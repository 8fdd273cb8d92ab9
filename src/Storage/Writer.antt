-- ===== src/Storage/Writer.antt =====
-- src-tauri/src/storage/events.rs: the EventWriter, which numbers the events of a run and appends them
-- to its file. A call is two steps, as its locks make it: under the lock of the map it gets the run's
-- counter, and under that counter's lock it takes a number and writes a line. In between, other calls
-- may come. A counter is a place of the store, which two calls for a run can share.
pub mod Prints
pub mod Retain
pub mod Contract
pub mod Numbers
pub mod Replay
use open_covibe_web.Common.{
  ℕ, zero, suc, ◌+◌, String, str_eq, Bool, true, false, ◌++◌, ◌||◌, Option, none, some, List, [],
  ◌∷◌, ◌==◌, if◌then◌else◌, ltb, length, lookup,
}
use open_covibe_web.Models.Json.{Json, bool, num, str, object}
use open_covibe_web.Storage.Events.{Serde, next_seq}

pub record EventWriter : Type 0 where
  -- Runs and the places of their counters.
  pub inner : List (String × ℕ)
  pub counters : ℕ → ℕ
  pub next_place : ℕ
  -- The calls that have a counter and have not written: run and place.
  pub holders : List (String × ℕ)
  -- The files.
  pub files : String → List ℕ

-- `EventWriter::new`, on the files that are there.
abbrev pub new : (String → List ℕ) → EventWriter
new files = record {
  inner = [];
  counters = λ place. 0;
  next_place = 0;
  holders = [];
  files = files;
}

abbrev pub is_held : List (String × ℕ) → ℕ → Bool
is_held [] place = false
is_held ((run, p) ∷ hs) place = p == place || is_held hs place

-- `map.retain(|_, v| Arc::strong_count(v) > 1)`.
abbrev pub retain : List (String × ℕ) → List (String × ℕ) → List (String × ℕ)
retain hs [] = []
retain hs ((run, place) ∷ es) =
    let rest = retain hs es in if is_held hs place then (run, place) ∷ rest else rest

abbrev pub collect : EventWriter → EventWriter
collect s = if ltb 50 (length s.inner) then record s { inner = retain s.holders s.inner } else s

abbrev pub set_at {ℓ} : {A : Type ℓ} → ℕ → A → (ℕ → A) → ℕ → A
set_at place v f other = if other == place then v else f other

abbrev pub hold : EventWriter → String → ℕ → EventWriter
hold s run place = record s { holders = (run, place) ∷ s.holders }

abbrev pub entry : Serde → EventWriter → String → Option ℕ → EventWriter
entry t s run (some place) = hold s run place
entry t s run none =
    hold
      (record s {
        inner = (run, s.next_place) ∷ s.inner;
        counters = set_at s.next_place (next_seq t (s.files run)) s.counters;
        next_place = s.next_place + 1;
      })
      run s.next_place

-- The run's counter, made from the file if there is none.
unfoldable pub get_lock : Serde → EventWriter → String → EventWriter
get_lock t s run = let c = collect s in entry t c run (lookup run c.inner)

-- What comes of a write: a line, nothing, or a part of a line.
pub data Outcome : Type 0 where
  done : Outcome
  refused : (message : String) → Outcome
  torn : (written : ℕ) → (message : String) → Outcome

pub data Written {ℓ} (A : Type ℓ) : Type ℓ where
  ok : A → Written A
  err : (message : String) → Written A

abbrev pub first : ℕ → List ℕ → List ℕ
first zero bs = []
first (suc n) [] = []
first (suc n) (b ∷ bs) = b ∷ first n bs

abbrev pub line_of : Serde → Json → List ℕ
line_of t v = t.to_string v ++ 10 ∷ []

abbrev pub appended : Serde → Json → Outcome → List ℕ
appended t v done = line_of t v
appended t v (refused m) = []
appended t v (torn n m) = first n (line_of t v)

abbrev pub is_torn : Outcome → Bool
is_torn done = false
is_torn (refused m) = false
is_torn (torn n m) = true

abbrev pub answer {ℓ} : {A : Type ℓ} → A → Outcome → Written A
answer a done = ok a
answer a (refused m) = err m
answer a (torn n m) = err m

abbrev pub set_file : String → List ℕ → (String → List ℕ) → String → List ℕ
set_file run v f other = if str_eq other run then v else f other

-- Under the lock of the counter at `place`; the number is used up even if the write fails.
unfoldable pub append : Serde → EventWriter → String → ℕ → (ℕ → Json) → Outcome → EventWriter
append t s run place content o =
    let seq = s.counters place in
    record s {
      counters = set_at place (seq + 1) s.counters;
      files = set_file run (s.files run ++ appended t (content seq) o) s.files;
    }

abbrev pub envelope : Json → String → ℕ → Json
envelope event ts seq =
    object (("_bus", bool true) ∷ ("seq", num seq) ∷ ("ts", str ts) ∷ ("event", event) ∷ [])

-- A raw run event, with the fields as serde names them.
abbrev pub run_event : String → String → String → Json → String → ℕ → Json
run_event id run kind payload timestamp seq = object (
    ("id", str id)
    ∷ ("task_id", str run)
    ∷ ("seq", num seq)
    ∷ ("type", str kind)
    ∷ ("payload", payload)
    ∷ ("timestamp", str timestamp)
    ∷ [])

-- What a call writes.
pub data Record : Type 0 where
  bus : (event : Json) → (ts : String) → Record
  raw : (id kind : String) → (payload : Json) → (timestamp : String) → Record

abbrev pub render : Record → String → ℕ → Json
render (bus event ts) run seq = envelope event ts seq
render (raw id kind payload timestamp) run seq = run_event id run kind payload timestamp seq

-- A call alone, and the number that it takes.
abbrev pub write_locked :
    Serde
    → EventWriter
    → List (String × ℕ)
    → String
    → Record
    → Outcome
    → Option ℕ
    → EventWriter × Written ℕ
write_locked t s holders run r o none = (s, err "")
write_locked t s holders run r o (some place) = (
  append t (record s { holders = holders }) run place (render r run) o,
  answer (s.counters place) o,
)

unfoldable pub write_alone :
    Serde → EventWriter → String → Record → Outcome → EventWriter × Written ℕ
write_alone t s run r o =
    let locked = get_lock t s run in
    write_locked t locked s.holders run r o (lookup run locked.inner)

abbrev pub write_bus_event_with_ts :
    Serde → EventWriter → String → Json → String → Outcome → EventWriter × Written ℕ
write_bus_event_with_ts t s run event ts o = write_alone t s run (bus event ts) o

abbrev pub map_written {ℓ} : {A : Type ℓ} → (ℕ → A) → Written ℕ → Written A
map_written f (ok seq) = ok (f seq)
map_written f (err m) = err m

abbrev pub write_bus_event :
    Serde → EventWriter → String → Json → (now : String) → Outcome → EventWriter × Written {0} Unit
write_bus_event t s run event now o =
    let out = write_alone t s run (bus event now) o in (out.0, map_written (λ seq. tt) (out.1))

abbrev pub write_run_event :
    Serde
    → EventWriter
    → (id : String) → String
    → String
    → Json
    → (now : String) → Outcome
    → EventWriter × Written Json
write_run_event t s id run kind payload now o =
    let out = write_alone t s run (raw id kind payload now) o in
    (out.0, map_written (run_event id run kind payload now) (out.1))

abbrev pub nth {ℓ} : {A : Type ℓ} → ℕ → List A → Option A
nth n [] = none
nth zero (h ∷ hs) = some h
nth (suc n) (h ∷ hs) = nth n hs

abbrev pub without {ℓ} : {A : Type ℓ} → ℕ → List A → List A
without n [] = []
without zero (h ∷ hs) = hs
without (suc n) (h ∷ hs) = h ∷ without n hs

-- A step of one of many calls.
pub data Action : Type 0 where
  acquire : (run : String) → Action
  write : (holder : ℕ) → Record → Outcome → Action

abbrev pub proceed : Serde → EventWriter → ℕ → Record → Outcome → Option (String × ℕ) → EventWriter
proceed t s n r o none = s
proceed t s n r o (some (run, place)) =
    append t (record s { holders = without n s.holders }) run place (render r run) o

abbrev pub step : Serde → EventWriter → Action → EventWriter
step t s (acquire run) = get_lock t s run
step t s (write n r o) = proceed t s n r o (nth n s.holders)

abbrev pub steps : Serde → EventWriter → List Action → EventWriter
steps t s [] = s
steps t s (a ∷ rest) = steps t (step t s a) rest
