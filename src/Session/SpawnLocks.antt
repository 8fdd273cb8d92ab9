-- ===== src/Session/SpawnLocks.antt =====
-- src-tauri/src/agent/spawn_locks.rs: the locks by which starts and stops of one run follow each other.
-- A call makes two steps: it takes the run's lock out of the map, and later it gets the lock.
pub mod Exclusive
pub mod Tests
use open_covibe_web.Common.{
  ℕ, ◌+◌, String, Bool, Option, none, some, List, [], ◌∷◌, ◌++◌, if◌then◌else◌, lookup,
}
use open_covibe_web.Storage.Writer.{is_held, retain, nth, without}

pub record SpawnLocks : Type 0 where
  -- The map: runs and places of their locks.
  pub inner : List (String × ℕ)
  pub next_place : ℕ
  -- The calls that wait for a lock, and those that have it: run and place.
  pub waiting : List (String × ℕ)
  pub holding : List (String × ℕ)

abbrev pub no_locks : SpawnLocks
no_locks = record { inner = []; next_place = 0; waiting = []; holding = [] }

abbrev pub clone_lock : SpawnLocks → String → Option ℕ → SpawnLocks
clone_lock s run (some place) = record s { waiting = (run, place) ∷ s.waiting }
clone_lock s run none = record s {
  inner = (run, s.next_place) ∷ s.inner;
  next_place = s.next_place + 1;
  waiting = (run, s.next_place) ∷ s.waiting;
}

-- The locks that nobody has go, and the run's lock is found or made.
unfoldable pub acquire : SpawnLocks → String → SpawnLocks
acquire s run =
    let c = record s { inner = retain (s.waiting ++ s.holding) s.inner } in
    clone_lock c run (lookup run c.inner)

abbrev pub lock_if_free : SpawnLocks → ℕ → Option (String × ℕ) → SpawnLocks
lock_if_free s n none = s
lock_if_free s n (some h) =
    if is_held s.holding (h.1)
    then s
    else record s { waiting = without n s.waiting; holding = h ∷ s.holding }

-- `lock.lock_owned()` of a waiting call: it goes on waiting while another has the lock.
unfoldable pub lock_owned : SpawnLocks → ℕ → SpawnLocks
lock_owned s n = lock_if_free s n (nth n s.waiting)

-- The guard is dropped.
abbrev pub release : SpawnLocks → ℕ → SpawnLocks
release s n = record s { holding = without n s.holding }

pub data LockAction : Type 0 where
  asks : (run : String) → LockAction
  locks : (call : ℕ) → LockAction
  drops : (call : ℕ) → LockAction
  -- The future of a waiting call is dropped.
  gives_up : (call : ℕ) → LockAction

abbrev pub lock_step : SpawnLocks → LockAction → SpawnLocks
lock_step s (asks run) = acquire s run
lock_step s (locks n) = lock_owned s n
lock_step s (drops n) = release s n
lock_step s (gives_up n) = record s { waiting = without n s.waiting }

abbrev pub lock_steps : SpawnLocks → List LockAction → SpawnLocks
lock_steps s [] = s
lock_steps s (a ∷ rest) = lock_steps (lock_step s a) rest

* [What you are asked to do]: All that belongs in your answer is the stretch of entries above from the line with "-- A raw run" through the line with "render (raw id", printed exactly.

* [Written answer]:
-- A raw run event, with the fields as serde names them.
abbrev pub run_event : String → String → String → Json → String → ℕ → Json
run_event id run kind payload timestamp seq = object (
    ("id", str id)
    ∷ ("task_id", str run)
    ∷ ("seq", num seq)
    ∷ ("type", str kind)
    ∷ ("payload", payload)
    ∷ ("timestamp", str timestamp)
    ∷ [])

-- What a call writes.
pub data Record : Type 0 where
  bus : (event : Json) → (ts : String) → Record
  raw : (id kind : String) → (payload : Json) → (timestamp : String) → Record

abbrev pub render : Record → String → ℕ → Json
render (bus event ts) run seq = envelope event ts seq
render (raw id kind payload timestamp) run seq = run_event id run kind payload timestamp seq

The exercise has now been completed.